I've about (& agree with) both of these techniques, especially in regard to slippery or cotton yarns.

I also resorted to felting needles once, but you have to be really careful with those. It worked, anyway, for my very early project and I learned to leave longer ends (I tried hard but couldn't find anyone to blame but me. So sad.)


----------



## Stephhy (May 14, 2012)

"impeccable candy-detecting auditory systems"

Clever!!!


----------



## PaKnitter (Mar 7, 2011)

Jessica-Jean said:


> The remaining tails are only an inch long? Assuming you do NOT want to rip out all that work and start over, my thought is to get some fabric 'glue', tie firm square knots with a tiny dab of the glue inside the knot. If joining the different colours together doesn't work for you, then how about tieing on the cut-off ends?
> 
> Or, you could do what one person did on a very loosely worked afghan-stitch throw I bought _just_ to take apart: where the yarn was joined, s/he had used (matching colour) sewing thread to secure the ends in place. Just to look at it, the joins were not obvious; if they had been, I might have left it in the Goodwill store. The sewn joins were a big bother to undo!
> 
> Good luck.


I glue inside the knots also if I'm given an afghan to finish or add on to with too short tails.

I would like to scream when people leave short ends just to use up every inch of yarn. What good does that do when the afghan starts pulling apart with the first washing?


----------



## beverly123 (Jun 9, 2012)

First weave your needle only. Then thread it and pull the yarn through. Works every time.


----------



## headvase1 (Nov 18, 2011)

Just do the best you can with a tiny crochet hook


----------



## yorkie1 (Sep 5, 2011)

me again. I have used the method of getting rid of very short ends on baby yarn, to the chunky yarn and it works. It is almost impossible to find where I start my item to where I end it. I have also tried using a tiny dab of fab. glue, (a long time ago) and have found it's easier to feel the tiny little spot of glue than it is to find the knot or tiny ends you pull back thru the yarn.


----------



## phylled1 (Jun 19, 2011)

if using yarn glue be careful its not next to the skin i made my GS a cardigan that looked as though they vwere jig saw pieces and used yarn glue to fasten the ends down he could not wear it as the glue ends were scratchy my youngest S now 45yrs when he was about 3 cut the electric wire to a record player good job he had slippers on as it was a bare floor he had climbed up to the sideboard and got my scissers nobody saw him do it the scissors had a hole in them i think the slippers saved him


----------



## mzmom1 (Mar 4, 2011)

breezy622 said:


> wordancer said:
> 
> 
> > breezy622 said:
> ...


She is right! Everybody learns parenting on the first one...and statistically the oldest child is more likely to succeed in life!


----------



## mzmom1 (Mar 4, 2011)

phylled1 said:


> if using yarn glue be careful its not next to the skin i made my GS a cardigan that looked as though they vwere jig saw pieces and used yarn glue to fasten the ends down he could not wear it as the glue ends were scratchy my youngest S now 45yrs when he was about 3 cut the electric wire to a record player good job he had slippers on as it was a bare floor he had climbed up to the sideboard and got my scissers nobody saw him do it the scissors had a hole in them i think the slippers saved him


My husband did that to a lamp cord when he was a crawler. Lucky for him he had on a dry diaper. But the scissors were toast.


----------



## Jessica-Jean (Mar 14, 2011)

mzmom1 said:


> ...and statistically the oldest child is more likely to succeed in life!

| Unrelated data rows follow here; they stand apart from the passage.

-- ===== src/Page/Tests.antt =====
-- A page is freed and allocated.
use os_project_mlfqschedulin.Base.{ℕ, ◌≡◌, arith, refl, ◌⊎◌, true, false, none, some, [], ◌∷◌}
use os_project_mlfqschedulin.Page.{Kmem, kfree, kalloc}
use os_project_mlfqschedulin.Page.Free.{is_frame, Free, Allocates, kfree-Free, kalloc-Allocates}

abbrev kernel_end : ℕ
kernel_end = 0x8010_0000

abbrev page : ℕ
page = 0x8020_0000

no_pages : Kmem
no_pages = record { word_at = λ a. 0; freelist = 0 }

no_pages-Free : Free kernel_end no_pages []
unfolding no_pages
no_pages-Free = record { chain = refl; distinct = tt; pages = tt }

one_page : Kmem
one_page = record { word_at = λ a. 0; freelist = page }

kfree-Free_example :
    ((is_frame kernel_end page ≡ false) × (kfree kernel_end page no_pages ≡ none))
    ⊎ ((is_frame kernel_end page ≡ true)
        × (k' : Kmem) × (kfree kernel_end page no_pages ≡ some k')
        × Free kernel_end k' (page ∷ []))
kfree-Free_example = kfree-Free kernel_end page no_pages [] no_pages-Free refl (omega arith)

one_page-Free : Free kernel_end one_page (page ∷ [])
unfolding one_page
one_page-Free = record { chain = (refl, refl); distinct = (refl, tt); pages = (refl, tt) }

kalloc-Allocates_example : Allocates kernel_end one_page (kalloc one_page) (page ∷ [])
kalloc-Allocates_example = kalloc-Allocates kernel_end one_page (page ∷ []) one_page-Free
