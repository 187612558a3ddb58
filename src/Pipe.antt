-- ===== src/Pipe.antt =====
-- Pipes, srcs/pipe.c: a ring of 512 bytes between the readers and the writers. Each function is what
-- runs under one holding of `p->lock`, up to a sleep or the return.
pub mod Fifo
pub mod Counters
mod Tests
use os_project_mlfqschedulin.Base.{
  ℕ, zero, suc, ◌+◌, ◌%◌, ◌^◌, Bool, true, false, ◌||◌, ◌&&◌, not, List, [], ◌∷◌, ◌==◌,
  if◌then◌else◌, update, inc, length,
}

abbrev pub pipesize : ℕ
pipesize = 512

-- The counters are 32-bit patterns; the lock is left out.
pub record Pipe : Type 0 where
  pub data_at : ℕ → ℕ
  pub nread : ℕ
  pub nwrite : ℕ
  pub readopen : Bool
  pub writeopen : Bool

-- A pipe as pipealloc hands it out, in a page that may hold anything.
unfoldable pub pipe_init : (ℕ → ℕ) → Pipe
pipe_init junk = record { data_at = junk; nread = 0; nwrite = 0; readopen = true; writeopen = true }

abbrev pub is_full : Pipe → Bool
is_full p = p.nwrite == ((p.nread + pipesize) % 2 ^ 32)

-- `p->data[p->nwrite++ % PIPESIZE] = b;`
unfoldable pub put : ℕ → Pipe → Pipe
put b p = record p { data_at = update p.data_at (p.nwrite % pipesize) b; nwrite = inc p.nwrite }

-- The bytes that the writer can put before the pipe is full, and what is left of them.
unfoldable pub fill : List ℕ → Pipe → Pipe × List ℕ
unfolding put
fill [] p = (p, [])
fill (b ∷ bs) p = let rest = fill bs (put b p) in if is_full p then (p, b ∷ bs) else rest

-- What a call of pipewrite comes to: it returns after a wakeup of the readers, fails, or wakes the
-- readers and sleeps on `nwrite` with bytes left.
pub data Wrote : Type 0 where
  all_written : Wrote
  write_failed : Wrote
  write_sleeps : List ℕ → Wrote

-- The loop of pipewrite behind `fill`.
unfoldable pub pipewrite_stop : Bool → Pipe × List ℕ → Pipe × Wrote
pipewrite_stop killed (p, []) = (p, all_written)
pipewrite_stop killed (p, b ∷ bs) =
    if not p.readopen || killed then (p, write_failed) else (p, write_sleeps (b ∷ bs))

-- pipewrite up to its return or its next sleep, for the bytes that are left to write.
unfoldable pub pipewrite : Bool → List ℕ → Pipe → Pipe × Wrote
unfolding fill pipewrite_stop
pipewrite killed bs p = pipewrite_stop killed (fill bs p)

-- The byte at `nread`, and the pipe behind it.
unfoldable pub take_byte : Pipe → Pipe
take_byte p = record p { nread = inc p.nread }

-- The loop that copies at most `n` bytes.
unfoldable pub drain : ℕ → Pipe → Pipe × List ℕ
unfolding take_byte
drain zero p = (p, [])
drain (suc n) p =
    let rest = drain n (take_byte p) in
    if p.nread == p.nwrite then (p, []) else (rest.0, p.data_at (p.nread % pipesize) ∷ rest.1)

-- What a call of piperead comes to: the bytes, after a wakeup of the writers; or it fails; or it
-- sleeps on `nread`.
pub data Got : Type 0 where
  bytes : List ℕ → Got
  read_failed : Got
  read_sleeps : Got

-- piperead up to its return or its next sleep.
unfoldable pub piperead : Bool → ℕ → Pipe → Pipe × Got
unfolding drain
piperead killed n p =
    let copied = drain n p in
    if (p.nread == p.nwrite) && p.writeopen
    then (if killed then (p, read_failed) else (p, read_sleeps))
    else (copied.0, bytes copied.1)

-- pipeclose, with whether the page is freed.
unfoldable pub pipeclose : Bool → Pipe → Pipe × Bool
pipeclose writable p =
    let q : Pipe =
      if writable then record p { writeopen = false } else record p { readopen = false } in
    (q, not q.readopen && not q.writeopen)
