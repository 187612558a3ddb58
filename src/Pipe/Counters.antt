-- ===== src/Pipe/Counters.antt =====
-- The two counters of a pipe, which wrap around at 2 ^ 32, and the places in its ring.
use os_project_mlfqschedulin.Base.{ℕ, suc, ◌+◌, ◌%◌, ◌^◌, ◌<◌, ◌≤◌, ◌≡◌, false, arith, ◌==◌, inc}
use os_project_mlfqschedulin.Pipe.{pipesize}

-- The counter `n` steps after `r`.
abbrev pub after : ℕ → ℕ → ℕ
after r n = (r + n) % 2 ^ 32

pub after-zero : (r : ℕ) → r < 2 ^ 32 → after r 0 ≡ r
after-zero r lt = omega arith

pub after-inc : (r n : ℕ) → after (inc r) n ≡ after r (suc n)
after-inc r n = omega arith

pub inc-after : (r n : ℕ) → inc (after r n) ≡ after r (n + 1)
inc-after r n = omega arith

-- Two places less than 512 apart differ.
pub after-apart :
    (r n : ℕ)
    → r < 2 ^ 32
    → 0 < n
    → n < pipesize
    → ((after r n % pipesize) == (r % pipesize)) ≡ false
after-apart r n lt lo hi = ground arith

pub full_lem : (r n : ℕ) → r < 2 ^ 32 → n < pipesize → (after r n == after r pipesize) ≡ false
full_lem r n lt hi = ground arith

pub empty_lem : (r n : ℕ) → r < 2 ^ 32 → 0 < n → n ≤ pipesize → (r == after r n) ≡ false
empty_lem r n lt lo hi = ground arith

Really?! _That_ is thought-provoking. Or maybe I'm just the odd-man-out.


----------



## christine4321 (Jun 10, 2012)

Jessica-Jean said:


> The remaining tails are only an inch long? Assuming you do NOT want to rip out all that work and start over, my thought is to get some fabric 'glue', tie firm square knots with a tiny dab of the glue inside the knot. If joining the different colours together doesn't work for you, then how about tieing on the cut-off ends?
> 
> Or, you could do what one person did on a very loosely worked afghan-stitch throw I bought _just_ to take apart: where the yarn was joined, s/he had used (matching colour) sewing thread to secure the ends in place. Just to look at it, the joins were not obvious; if they had been, I might have left it in the Goodwill store. The sewn joins were a big bother to undo!
> 
> Good luck.


I was thinking the same thing.


----------



## MaryMargaret (Mar 7, 2012)

Jessica-Jean said:


> mzmom1 said:
> 
> 
> > ...and statistically the oldest child is more likely to succeed in life!
> ...


I've seen studies that claim this for eldest children, and these references can probably be dug up online, but it was several years ago and I hope our definition of "success in life" is continuing to evolve beyond becoming a doctor, lawyer, PhD, or captain of industry.


----------



## SueFerns (Aug 16, 2011)

Think I would get the same color yarn and weave in a few inches(duplicate stitch if you will) on the last row of that color, then weave in the end and cut it off. That will leave a double yarn on the end, but that would be preferable to having a inch or so work it's way loose! Your little one was probably "helping" :lol: I'll bet Mommy learns to put the scissors away!(I did)


----------



## wjfaris (Oct 29, 2011)

I would take the sewing machine sew that side of the afghan, just from top to bottom to secure the yarn in place -- and then crochet a border when you're finished.


----------



## M2SMRTFORU (Oct 28, 2011)

And if you are concerned about how the edges will look, crochet an edge around it to cover up the joins.


----------



## Lovinknittin (Apr 2, 2011)

Jessica-Jean said:


> The remaining tails are only an inch long? Assuming you do NOT want to rip out all that work and start over, my thought is to get some fabric 'glue', tie firm square knots with a tiny dab of the glue inside the knot. If joining the different colours together doesn't work for you, then how about tieing on the cut-off ends?
> 
> Or, you could do what one person did on a very loosely worked afghan-stitch throw I bought _just_ to take apart: where the yarn was joined, s/he had used (matching colour) sewing thread to secure the ends in place. Just to look at it, the joins were not obvious; if they had been, I might have left it in the Goodwill store. The sewn joins were a big bother to undo!
> 
> J G - your answers are always the best!


----------



## CrochetyLady (Feb 18, 2012)

breezy622 said:


> Thank you all! I feel much better about it this morning than I did last night. I was wondering if tying knots and using a bit of glue would work since they will be in the seam. I hadn't thought of using sewing thread, that is a good idea too. HandyFamily, wow, he sure had an angel looking over him!! That must have been terrifying for his mother, I can't even imagine! I think it is a great idea to weave in the ends as you go. It would keep them safe, and there wouldn't be so many to weave at the end! Since the kids were asleep when I had the initial shock, he (the 4 year old confessed this morning) didn't get nearly the scolding he would have gotten last night. Just a small one about needing to ask first. Little boys are creatures of impulse, that is for sure!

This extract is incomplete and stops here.